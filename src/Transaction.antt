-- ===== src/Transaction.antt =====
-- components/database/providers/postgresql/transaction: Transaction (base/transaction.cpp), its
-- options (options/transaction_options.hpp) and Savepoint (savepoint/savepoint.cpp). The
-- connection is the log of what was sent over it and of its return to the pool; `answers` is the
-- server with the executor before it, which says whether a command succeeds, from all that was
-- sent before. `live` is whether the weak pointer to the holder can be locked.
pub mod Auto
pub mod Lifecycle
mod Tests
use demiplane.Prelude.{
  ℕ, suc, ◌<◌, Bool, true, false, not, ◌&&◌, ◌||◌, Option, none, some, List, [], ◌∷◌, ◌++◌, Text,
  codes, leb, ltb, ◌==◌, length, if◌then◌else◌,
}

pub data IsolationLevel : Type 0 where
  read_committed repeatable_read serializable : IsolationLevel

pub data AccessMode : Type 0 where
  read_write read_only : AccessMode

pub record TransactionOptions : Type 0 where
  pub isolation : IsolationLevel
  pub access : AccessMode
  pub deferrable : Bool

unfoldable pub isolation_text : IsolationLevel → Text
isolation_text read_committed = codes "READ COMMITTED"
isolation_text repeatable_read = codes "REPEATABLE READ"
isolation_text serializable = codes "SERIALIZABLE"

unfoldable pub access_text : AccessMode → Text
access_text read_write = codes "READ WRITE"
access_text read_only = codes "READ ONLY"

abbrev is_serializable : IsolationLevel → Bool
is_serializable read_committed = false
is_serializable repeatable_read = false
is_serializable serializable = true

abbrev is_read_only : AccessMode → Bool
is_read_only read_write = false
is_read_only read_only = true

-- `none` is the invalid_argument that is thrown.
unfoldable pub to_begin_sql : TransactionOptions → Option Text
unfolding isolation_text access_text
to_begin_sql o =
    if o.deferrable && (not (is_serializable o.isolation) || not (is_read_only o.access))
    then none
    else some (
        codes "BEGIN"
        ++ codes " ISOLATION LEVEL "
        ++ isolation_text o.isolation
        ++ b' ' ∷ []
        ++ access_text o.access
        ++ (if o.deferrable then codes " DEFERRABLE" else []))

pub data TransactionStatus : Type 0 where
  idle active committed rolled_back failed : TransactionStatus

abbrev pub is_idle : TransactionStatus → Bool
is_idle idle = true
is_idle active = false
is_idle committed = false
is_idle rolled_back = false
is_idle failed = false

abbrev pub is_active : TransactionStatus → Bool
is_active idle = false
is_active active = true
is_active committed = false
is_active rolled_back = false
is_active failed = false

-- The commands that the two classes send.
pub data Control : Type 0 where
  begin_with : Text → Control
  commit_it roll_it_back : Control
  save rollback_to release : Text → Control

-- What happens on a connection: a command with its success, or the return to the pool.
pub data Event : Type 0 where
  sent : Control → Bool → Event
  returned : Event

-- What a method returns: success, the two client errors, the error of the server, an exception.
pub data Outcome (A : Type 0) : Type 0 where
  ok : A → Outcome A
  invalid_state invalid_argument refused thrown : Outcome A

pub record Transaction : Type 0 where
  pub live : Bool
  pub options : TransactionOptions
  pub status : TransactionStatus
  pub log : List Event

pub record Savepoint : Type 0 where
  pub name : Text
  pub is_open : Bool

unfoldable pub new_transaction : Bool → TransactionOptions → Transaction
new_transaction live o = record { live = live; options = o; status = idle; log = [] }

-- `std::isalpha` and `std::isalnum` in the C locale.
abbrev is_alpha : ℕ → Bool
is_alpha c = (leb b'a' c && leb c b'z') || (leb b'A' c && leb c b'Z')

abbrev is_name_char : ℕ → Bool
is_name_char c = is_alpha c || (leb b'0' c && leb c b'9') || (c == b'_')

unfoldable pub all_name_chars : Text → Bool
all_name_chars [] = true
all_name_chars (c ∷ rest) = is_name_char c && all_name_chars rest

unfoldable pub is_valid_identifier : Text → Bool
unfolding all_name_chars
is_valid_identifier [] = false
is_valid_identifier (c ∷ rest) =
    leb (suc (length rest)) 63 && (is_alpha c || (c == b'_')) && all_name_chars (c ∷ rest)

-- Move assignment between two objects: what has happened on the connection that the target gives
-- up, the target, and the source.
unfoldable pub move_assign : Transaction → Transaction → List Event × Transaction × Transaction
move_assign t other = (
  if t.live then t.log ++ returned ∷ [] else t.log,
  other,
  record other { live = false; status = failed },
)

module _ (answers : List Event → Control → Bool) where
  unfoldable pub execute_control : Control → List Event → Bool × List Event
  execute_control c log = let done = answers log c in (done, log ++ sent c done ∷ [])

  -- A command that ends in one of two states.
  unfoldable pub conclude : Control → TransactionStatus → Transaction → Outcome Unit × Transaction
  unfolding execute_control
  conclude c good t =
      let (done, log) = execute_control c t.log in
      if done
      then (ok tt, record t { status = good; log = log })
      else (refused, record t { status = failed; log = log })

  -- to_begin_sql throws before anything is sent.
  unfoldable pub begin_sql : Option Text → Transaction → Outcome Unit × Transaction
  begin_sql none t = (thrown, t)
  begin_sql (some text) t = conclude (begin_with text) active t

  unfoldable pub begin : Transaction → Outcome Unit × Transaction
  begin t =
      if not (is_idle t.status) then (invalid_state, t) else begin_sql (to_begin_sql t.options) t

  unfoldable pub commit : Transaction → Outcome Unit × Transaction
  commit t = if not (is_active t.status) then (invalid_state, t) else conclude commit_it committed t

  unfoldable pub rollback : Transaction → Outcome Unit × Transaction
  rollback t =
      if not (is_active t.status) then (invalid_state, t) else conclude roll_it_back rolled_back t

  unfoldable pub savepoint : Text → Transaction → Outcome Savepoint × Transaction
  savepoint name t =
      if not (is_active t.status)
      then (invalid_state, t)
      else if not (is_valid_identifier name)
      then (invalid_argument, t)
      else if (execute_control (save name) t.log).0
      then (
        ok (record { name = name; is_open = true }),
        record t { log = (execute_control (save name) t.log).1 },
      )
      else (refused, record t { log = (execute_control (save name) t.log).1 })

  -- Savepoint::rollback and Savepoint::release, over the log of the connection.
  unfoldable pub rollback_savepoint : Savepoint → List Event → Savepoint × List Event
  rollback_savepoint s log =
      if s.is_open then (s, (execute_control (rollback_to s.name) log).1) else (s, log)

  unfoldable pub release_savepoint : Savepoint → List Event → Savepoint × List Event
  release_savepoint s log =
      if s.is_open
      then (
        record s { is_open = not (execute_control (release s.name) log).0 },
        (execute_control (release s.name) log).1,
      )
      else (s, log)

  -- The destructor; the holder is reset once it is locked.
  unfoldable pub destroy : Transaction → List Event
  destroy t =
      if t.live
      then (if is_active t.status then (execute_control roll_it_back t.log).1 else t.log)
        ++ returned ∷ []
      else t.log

· · · · ·

*TASK DETAILS:* The entries are to be transcribed exactly, each line in full.

*RESPONSE BOX:*
filename src/Transaction.antt
-- ===== src/Transaction.antt =====
-- components/database/providers/postgresql/transaction: Transaction (base/transaction.cpp), its
-- options (options/transaction_options.hpp) and Savepoint (savepoint/savepoint.cpp). The
-- connection is the log of what was sent over it and of its return to the pool; `answers` is the
-- server with the executor before it, which says whether a command succeeds, from all that was
-- sent before. `live` is whether the weak pointer to the holder can be locked.
pub mod Auto
pub mod Lifecycle
mod Tests
use demiplane.Prelude.{
  ℕ, suc, ◌<◌, Bool, true, false, not, ◌&&◌, ◌||◌, Option, none, some, List, [], ◌∷◌, ◌++◌, Text,
  codes, leb, ltb, ◌==◌, length, if◌then◌else◌,
}

pub data IsolationLevel : Type 0 where
  read_committed repeatable_read serializable : IsolationLevel

pub data AccessMode : Type 0 where
  read_write read_only : AccessMode

pub record TransactionOptions : Type 0 where
  pub isolation : IsolationLevel
  pub access : AccessMode
  pub deferrable : Bool

unfoldable pub isolation_text : IsolationLevel → Text
isolation_text read_committed = codes "READ COMMITTED"
isolation_text repeatable_read = codes "REPEATABLE READ"
isolation_text serializable = codes "SERIALIZABLE"

unfoldable pub access_text : AccessMode → Text
access_text read_write = codes "READ WRITE"
access_text read_only = codes "READ ONLY"

abbrev is_serializable : IsolationLevel → Bool
is_serializable read_committed = false
is_serializable repeatable_read = false
is_serializable serializable = true

abbrev is_read_only : AccessMode → Bool
is_read_only read_write = false
is_read_only read_only = true

-- `none` is the invalid_argument that is thrown.
unfoldable pub to_begin_sql : TransactionOptions → Option Text
unfolding isolation_text access_text
to_begin_sql o =
    if o.deferrable && (not (is_serializable o.isolation) || not (is_read_only o.access))
    then none
    else some (
        codes "BEGIN"
        ++ codes " ISOLATION LEVEL "
        ++ isolation_text o.isolation
        ++ b' ' ∷ []
        ++ access_text o.access
        ++ (if o.deferrable then codes " DEFERRABLE" else []))

pub data TransactionStatus : Type 0 where
  idle active committed rolled_back failed : TransactionStatus

abbrev pub is_idle : TransactionStatus → Bool
is_idle idle = true
is_idle active = false
is_idle committed = false
is_idle rolled_back = false
is_idle failed = false

abbrev pub is_active : TransactionStatus → Bool
is_active idle = false
is_active active = true
is_active committed = false
is_active rolled_back = false
is_active failed = false

-- The commands that the two classes send.
pub data Control : Type 0 where
  begin_with : Text → Control
  commit_it roll_it_back : Control
  save rollback_to release : Text → Control

-- What happens on a connection: a command with its success, or the return to the pool.
pub data Event : Type 0 where
  sent : Control → Bool → Event
  returned : Event

-- What a method returns: success, the two client errors, the error of the server, an exception.
pub data Outcome (A : Type 0) : Type 0 where
  ok : A → Outcome A
  invalid_state invalid_argument refused thrown : Outcome A

pub record Transaction : Type 0 where
  pub live : Bool
  pub options : TransactionOptions
  pub status : TransactionStatus
  pub log : List Event

pub record Savepoint : Type 0 where
  pub name : Text
  pub is_open : Bool

unfoldable pub new_transaction : Bool → TransactionOptions → Transaction
new_transaction live o = record { live = live; options = o; status = idle; log = [] }

-- `std::isalpha` and `std::isalnum` in the C locale.
abbrev is_alpha : ℕ → Bool
is_alpha c = (leb b'a' c && leb c b'z') || (leb b'A' c && leb c b'Z')

abbrev is_name_char : ℕ → Bool
is_name_char c = is_alpha c || (leb b'0' c && leb c b'9') || (c == b'_')

unfoldable pub all_name_chars : Text → Bool
all_name_chars [] = true
all_name_chars (c ∷ rest) = is_name_char c && all_name_chars rest

unfoldable pub is_valid_identifier : Text → Bool
unfolding all_name_chars
is_valid_identifier [] = false
is_valid_identifier (c ∷ rest) =
    leb (suc (length rest)) 63 && (is_alpha c || (c == b'_')) && all_name_chars (c ∷ rest)

-- Move assignment between two objects: what has happened on the connection that the target gives
-- up, the target, and the source.
unfoldable pub move_assign : Transaction → Transaction → List Event × Transaction × Transaction
move_assign t other = (
  if t.live then t.log ++ returned ∷ [] else t.log,
  other,
  record other { live = false; status = failed },
)

module _ (answers : List Event → Control → Bool) where
  unfoldable pub execute_control : Control → List Event → Bool × List Event
  execute_control c log = let done = answers log c in (done, log ++ sent c done ∷ [])

  -- A command that ends in one of two states.
  unfoldable pub conclude : Control → TransactionStatus → Transaction → Outcome Unit × Transaction
  unfolding execute_control
  conclude c good t =
      let (done, log) = execute_control c t.log in
      if done
      then (ok tt, record t { status = good; log = log })
      else (refused, record t { status = failed; log = log })

  -- to_begin_sql throws before anything is sent.
  unfoldable pub begin_sql : Option Text → Transaction → Outcome Unit × Transaction
  begin_sql none t = (thrown, t)
  begin_sql (some text) t = conclude (begin_with text) active t

  unfoldable pub begin : Transaction → Outcome Unit × Transaction
  begin t =
      if not (is_idle t.status) then (invalid_state, t) else begin_sql (to_begin_sql t.options) t

  unfoldable pub commit : Transaction → Outcome Unit × Transaction
  commit t = if not (is_active t.status) then (invalid_state, t) else conclude commit_it committed t

  unfoldable pub rollback : Transaction → Outcome Unit × Transaction
  rollback t =
      if not (is_active t.status) then (invalid_state, t) else conclude roll_it_back rolled_back t

  unfoldable pub savepoint : Text → Transaction → Outcome Savepoint × Transaction
  savepoint name t =
      if not (is_active t.status)
      then (invalid_state, t)
      else if not (is_valid_identifier name)
      then (invalid_argument, t)
      else if (execute_control (save name) t.log).0
      then (
        ok (record { name = name; is_open = true }),
        record t { log = (execute_control (save name) t.log).1 },
      )
      else (refused, record t { log = (execute_control (save name) t.log).1 })

  -- Savepoint::rollback and Savepoint::release, over the log of the connection.
  unfoldable pub rollback_savepoint : Savepoint → List Event → Savepoint × List Event
  rollback_savepoint s log =
      if s.is_open then (s, (execute_control (rollback_to s.name) log).1) else (s, log)

  unfoldable pub release_savepoint : Savepoint → List Event → Savepoint × List Event
  release_savepoint s log =
      if s.is_open
      then (
        record s { is_open = not (execute_control (release s.name) log).0 },
        (execute_control (release s.name) log).1,
      )
      else (s, log)

  -- The destructor; the holder is reset once it is locked.
  unfoldable pub destroy : Transaction → List Event
  destroy t =
      if t.live
      then (if is_active t.status then (execute_control roll_it_back t.log).1 else t.log)
        ++ returned ∷ []
      else t.log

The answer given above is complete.